What the task asks
Your answer should be every line below that includes the word "antt".

==== Data

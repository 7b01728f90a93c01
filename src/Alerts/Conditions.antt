-- ===== src/Alerts/Conditions.antt =====
-- internal/store/alerts.go: the stored conditions, and their reconciliation with a scan.
pub mod Pairs
mod Scanned
mod Reconciled
pub mod Settled
use valmin.Shared.{
  ℕ, Bool, true, false, not, ◌&&◌, List, [], ◌∷◌, ◌++◌, Option, none, some, Text, text_eq,
  if◌then◌else◌, lookup, insert, contains,
}

-- A row of `alert_conditions`; the detail is the text that the table holds.
pub record Row : Type 0 where
  pub id : Text
  pub instance_id : Option Text
  pub kind : Text
  pub detail : Text
  pub first_seen_at : ℕ
  pub last_seen_at : ℕ
  pub resolved_at : Option ℕ

-- `ObservedCondition`, with the identifier that `NewID` makes if the condition opens.
pub record Observed : Type 0 where
  pub kind : Text
  pub instance_id : Option Text
  pub detail : Text
  pub new_id : Text

abbrev pub deref : Option Text → Text
deref none = []
deref (some i) = i

-- `conditionKey`.
abbrev pub condition_key : Text → Option Text → Text
condition_key kind instance_id = kind ++ 0 ∷ deref instance_id

abbrev pub row_key : Row → Text
row_key r = condition_key r.kind r.instance_id

abbrev pub observed_key : Observed → Text
observed_key o = condition_key o.kind o.instance_id

abbrev pub is_open : Option ℕ → Bool
is_open none = true
is_open (some at) = false

-- `openConditionsTx`.
unfoldable pub open_conditions : List Row → List Row
open_conditions [] = []
open_conditions (r ∷ rows) =
    let rest = open_conditions rows in if is_open r.resolved_at then r ∷ rest else rest

-- The loop that fills the map of the open rows.
pub by_key : List Row → List (Text × Row) → List (Text × Row)
by_key [] m = m
by_key (r ∷ rows) m = by_key rows (insert (row_key r) r m)

-- `UPDATE … WHERE id = ?`.
module _ (id : Text) (write : Row → Row) where
  pub update_row : List Row → List Row
  update_row [] = []
  update_row (r ∷ rows) =
      let rest = update_row rows in if text_eq r.id id then write r ∷ rest else r ∷ rest

abbrev pub touched : ℕ → Text → Row → Row
touched now detail r = record r { last_seen_at = now; detail = detail }

abbrev pub resolved : ℕ → Row → Row
resolved now r = record r { resolved_at = some now }

abbrev pub opened_row : ℕ → Observed → Row
opened_row now o = record {
  id = o.new_id;
  instance_id = o.instance_id;
  kind = o.kind;
  detail = o.detail;
  first_seen_at = now;
  last_seen_at = now;
  resolved_at = none;
}

-- What the loop over the observations has made: the table, the keys seen, and the rows opened.
pub record Scan : Type 0 where
  pub rows : List Row
  pub seen : List Text
  pub opened : List Row

-- `upsertCondition`.
pub upsert_condition : ℕ → Observed → Option Row → Scan → Scan
unfolding update_row
upsert_condition now o (some existing) s = record s {
  rows = update_row existing.id (touched now o.detail) s.rows;
}
upsert_condition now o none s = record s {
  rows = s.rows ++ opened_row now o ∷ [];
  opened = s.opened ++ opened_row now o ∷ [];
}

-- The loop of `ReconcileConditions`.
pub observe : ℕ → List (Text × Row) → List Observed → Scan → Scan
unfolding upsert_condition
observe now found [] s = s
observe now found (o ∷ os) s = observe now found os (
    if contains (observed_key o) s.seen
    then s
    else upsert_condition now o (lookup (observed_key o) found)
        (record s { seen = observed_key o ∷ s.seen }))

-- `resolveMissing`: the table, and the rows resolved.
pub resolve_missing : ℕ → List Text → List Row → List Row → List Row × List Row
unfolding update_row
resolve_missing now seen [] rows = (rows, [])
resolve_missing now seen (c ∷ found) rows =
    if contains (row_key c) seen
    then resolve_missing now seen found rows
    else let (after, rest) = resolve_missing now seen found (update_row c.id (resolved now) rows) in
      (after, resolved now c ∷ rest)

-- `ConditionDiff`.
pub record Diff : Type 0 where
  pub opened : List Row
  pub resolved_rows : List Row

reconciled : ℕ → List Row → Scan → List Row × Diff
unfolding resolve_missing
reconciled now found s =
    let (rows, gone) = resolve_missing now s.seen found s.rows in
    (rows, record { opened = s.opened; resolved_rows = gone })

-- `ReconcileConditions`.
pub reconcile : ℕ → List Observed → List Row → List Row × Diff
unfolding open_conditions by_key observe reconciled
reconcile now observed rows =
    let found = open_conditions rows in
    reconciled now found
      (observe now (by_key found []) observed (record { rows = rows; seen = []; opened = [] }))
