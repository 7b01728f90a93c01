-- ===== src/Alerts/Conditions/Pairs.antt =====
-- The open conditions as pairs of an identifier and a key, and what each write does to them.
use valmin.Shared.{
  ℕ, ◌≡◌, refl, sym, ap, ◌∙◌, ◌≢◌, ◌↔◌, inl, inr, List, [], ◌∷◌, ◌++◌, arith, Text, text_eq,
  text_eq_iff, if◌then◌else◌, In, NoDup, Bool-cases,
}
use valmin.Alerts.Conditions.{
  Row, Observed, row_key, observed_key, is_open, open_conditions, update_row, touched, resolved,
}

abbrev pub pair_of : Row → Text × Text
pair_of r = (r.id, row_key r)

abbrev pub pairs : List Row → List (Text × Text)
pairs [] = []
pairs (r ∷ rows) = pair_of r ∷ pairs rows

abbrev pub open_pairs : List Row → List (Text × Text)
open_pairs [] = []
open_pairs (r ∷ rows) =
    let rest = open_pairs rows in if is_open r.resolved_at then pair_of r ∷ rest else rest

abbrev pub ids : List (Text × Text) → List Text
ids [] = []
ids ((i, k) ∷ ps) = i ∷ ids ps

abbrev pub keys : List (Text × Text) → List Text
keys [] = []
keys ((i, k) ∷ ps) = k ∷ keys ps

abbrev pub observed_keys : List Observed → List Text
observed_keys [] = []
observed_keys (o ∷ os) = observed_key o ∷ observed_keys os

abbrev pub new_ids : List Observed → List Text
new_ids [] = []
new_ids (o ∷ os) = o.new_id ∷ new_ids os

pub In-ids : (i k : Text) (ps : List (Text × Text)) → In (i, k) ps → In i (ids ps)
In-ids i k [] h = h
In-ids i k (p ∷ ps) (inl e) = inl (ap (λ (x : Text × Text). x.0) e)
In-ids i k (p ∷ ps) (inr h) = inr (In-ids i k ps h)

pub In-keys : (i k : Text) (ps : List (Text × Text)) → In (i, k) ps → In k (keys ps)
In-keys i k [] h = h
In-keys i k (p ∷ ps) (inl e) = inl (ap (λ (x : Text × Text). x.1) e)
In-keys i k (p ∷ ps) (inr h) = inr (In-keys i k ps h)

pub keys-In : (k : Text) (ps : List (Text × Text)) → In k (keys ps) → (i : Text) × In (i, k) ps
keys-In k [] h = absurd h
keys-In k ((i, j) ∷ ps) (inl e) = (i, inl (ap (λ (x : Text). (i, x)) e))
keys-In k ((i, j) ∷ ps) (inr h) = let (x, y) = keys-In k ps h in (x, inr y)

pub ids-In : (i : Text) (ps : List (Text × Text)) → In i (ids ps) → (k : Text) × In (i, k) ps
ids-In i [] h = absurd h
ids-In i ((j, k) ∷ ps) (inl e) = (k, inl (ap (λ (x : Text). (x, k)) e))
ids-In i ((j, k) ∷ ps) (inr h) = let (x, y) = ids-In i ps h in (x, inr y)

-- Two pairs with one identifier are the same.
pub ids_unique :
    (i k l : Text) (ps : List (Text × Text)) → NoDup (ids ps) → In (i, k) ps → In (i, l) ps → k ≡ l
ids_unique i k l [] d h g = absurd h
ids_unique i k l (p ∷ ps) d (inl e) (inl f) = ap (λ (x : Text × Text). x.1) (e ∙ sym f)
ids_unique i k l (p ∷ ps) d (inl e) (inr g) =
    absurd (d.0 (rw (← ap (λ (x : Text × Text). x.0) e) (In-ids i l ps g)))
ids_unique i k l (p ∷ ps) d (inr h) (inl f) =
    absurd (d.0 (rw (← ap (λ (x : Text × Text). x.0) f) (In-ids i k ps h)))
ids_unique i k l (p ∷ ps) d (inr h) (inr g) = ids_unique i k l ps d.1 h g

pub pairs-open_conditions : (rows : List Row) → pairs (open_conditions rows) ≡ open_pairs rows
unfolding open_conditions
pairs-open_conditions [] = refl
pairs-open_conditions (r ∷ rows) = ground (arith, pairs-open_conditions rows)

pub pairs-append : (rows more : List Row) → pairs (rows ++ more) ≡ pairs rows ++ pairs more
pairs-append [] more = refl
pairs-append (r ∷ rows) more =
    ap (λ (ps : List (Text × Text)). pair_of r ∷ ps) (pairs-append rows more)

pub open_pairs-append :
    (rows more : List Row) → open_pairs (rows ++ more) ≡ open_pairs rows ++ open_pairs more
open_pairs-append [] more = refl
open_pairs-append (r ∷ rows) more = ground (arith, open_pairs-append rows more)

-- A touch leaves the pairs as they are.
pub open_pairs-touch :
    (id : Text) (now : ℕ) (detail : Text) (rows : List Row)
    → open_pairs (update_row id (touched now detail) rows) ≡ open_pairs rows
unfolding update_row
open_pairs-touch id now detail [] = refl
open_pairs-touch id now detail (r ∷ rows) = ground (arith, open_pairs-touch id now detail rows)

-- A resolution takes out the pairs of the identifier.
pub In-resolve_iff :
    (id : Text) (now : ℕ) (rows : List Row) (i k : Text)
    → In (i, k) (open_pairs (update_row id (resolved now) rows))
      ↔ (In (i, k) (open_pairs rows) × (i ≢ id))
unfolding update_row
In-resolve_iff id now [] i k = ((λ h. absurd h), λ h. h.0)
In-resolve_iff id now (r ∷ rows) i k = elim (Bool-cases (text_eq r.id id)) [
  | inl e ↦ elim (Bool-cases (is_open r.resolved_at)) [
    | inl o ↦
        rw (e, o)
          (
            (λ h. let (x, y) = (In-resolve_iff id now rows i k).0 h in (inr x, y)),
            (λ h. elim h.0 [
              | inl q ↦ absurd (h.1 (ap (λ (x : Text × Text). x.0) q ∙ (text_eq_iff r.id id).0 e))
              | inr j ↦ (In-resolve_iff id now rows i k).1 (j, h.1)
            ]),
          )
    | inr o ↦ rw (e, o) (In-resolve_iff id now rows i k)
  ]
  | inr e ↦ elim (Bool-cases (is_open r.resolved_at)) [
    | inl o ↦
        rw (e, o)
          (
            (λ h. elim h [
              | inl q ↦ (
                inl q,
                λ f. cc ((text_eq_iff r.id id).1 (sym (ap (λ (x : Text × Text). x.0) q) ∙ f), e),
              )
              | inr j ↦ let (x, y) = (In-resolve_iff id now rows i k).0 j in (inr x, y)
            ]),
            (λ h. elim h.0 [
              | inl q ↦ inl q
              | inr j ↦ inr ((In-resolve_iff id now rows i k).1 (j, h.1))
            ]),
          )
    | inr o ↦ rw (e, o) (In-resolve_iff id now rows i k)
  ]
]
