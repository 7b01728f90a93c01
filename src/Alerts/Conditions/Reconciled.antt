-- ===== src/Alerts/Conditions/Reconciled.antt =====
-- What the second loop of a reconciliation takes out.
use valmin.Shared.{
  ℕ, ◌≡◌, refl, ap, ◌↔◌, inl, inr, false, List, [], ◌∷◌, Text, if◌then◌else◌, contains, In,
  Bool-cases,
}
use valmin.Alerts.Conditions.{Row, row_key, update_row, resolved, resolve_missing}
use valmin.Alerts.Conditions.Pairs.{pair_of, pairs, open_pairs, ids, In-resolve_iff}

-- The pairs of open rows whose key was not seen.
abbrev pub missing : List Text → List (Text × Text) → List (Text × Text)
missing seen [] = []
missing seen ((i, k) ∷ ps) =
    let rest = missing seen ps in if contains k seen then rest else (i, k) ∷ rest

pub In-missing_iff :
    (seen : List Text) (ps : List (Text × Text)) (i k : Text)
    → In (i, k) (missing seen ps) ↔ (In (i, k) ps × (contains k seen ≡ false))
In-missing_iff seen [] i k = ((λ h. absurd h), λ h. h.0)
In-missing_iff seen ((j, l) ∷ ps) i k = elim (Bool-cases (contains l seen)) [
  | inl c ↦ rw c (
    (λ h. let (x, y) = (In-missing_iff seen ps i k).0 h in (inr x, y)),
    (λ h. elim h.0 [
      | inl q ↦ cc (ap (λ (x : Text × Text). x.1) q, c, h.1)
      | inr g ↦ (In-missing_iff seen ps i k).1 (g, h.1)
    ]),
  )
  | inr c ↦ rw c (
    (λ h. elim h [
      | inl q ↦ (inl q, rw (ap (λ (x : Text × Text). x.1) q) c)
      | inr g ↦ let (x, y) = (In-missing_iff seen ps i k).0 g in (inr x, y)
    ]),
    (λ h. elim h.0 [ inl q ↦ inl q | inr g ↦ inr ((In-missing_iff seen ps i k).1 (g, h.1)) ]),
  )
]

-- The rows of `resolveMissing` are the missing ones, and the open pairs lose their identifiers.
pub resolve_missing-pairs :
    (now : ℕ) (seen : List Text) (found rows : List Row)
    → pairs (resolve_missing now seen found rows).1 ≡ missing seen (pairs found)
unfolding resolve_missing
resolve_missing-pairs now seen [] rows = refl
resolve_missing-pairs now seen (c ∷ found) rows = elim (Bool-cases (contains (row_key c) seen)) [
  | inl h ↦ rw h (resolve_missing-pairs now seen found rows)
  | inr h ↦ rw h (
      ap (λ (ps : List (Text × Text)). pair_of c ∷ ps)
        (resolve_missing-pairs now seen found (update_row c.id (resolved now) rows)))
]

pub In-resolve_missing_iff :
    (now : ℕ) (seen : List Text) (found rows : List Row) (i k : Text)
    → In (i, k) (open_pairs (resolve_missing now seen found rows).0)
      ↔ (In (i, k) (open_pairs rows) × (¬ In i (ids (missing seen (pairs found)))))
unfolding resolve_missing
In-resolve_missing_iff now seen [] rows i k = ((λ h. (h, λ x. x)), λ h. h.0)
In-resolve_missing_iff now seen (c ∷ found) rows i k =
    elim (Bool-cases (contains (row_key c) seen)) [
      | inl h ↦ rw h (In-resolve_missing_iff now seen found rows i k)
      | inr h ↦
          let rest =
            In-resolve_missing_iff now seen found (update_row c.id (resolved now) rows) i k in
          let one = In-resolve_iff c.id now rows i k in
          rw h (
            (λ x.
                let (a, b) = rest.0 x in
                let (d, e) = one.0 a in (d, λ y. elim y [ inl q ↦ e q | inr g ↦ b g ])),
            (λ x. rest.1 (one.1 (x.0, λ q. x.1 (inl q)), λ g. x.1 (inr g))),
          )
    ]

========

Result of the exercise
filename src/Alerts/Conditions.antt
-- ===== src/Alerts/Conditions.antt =====
-- ===== src/Alerts/Conditions/Pairs.antt =====
filename src/Alerts/Conditions/Reconciled.antt
-- ===== src/Alerts/Conditions/Reconciled.antt =====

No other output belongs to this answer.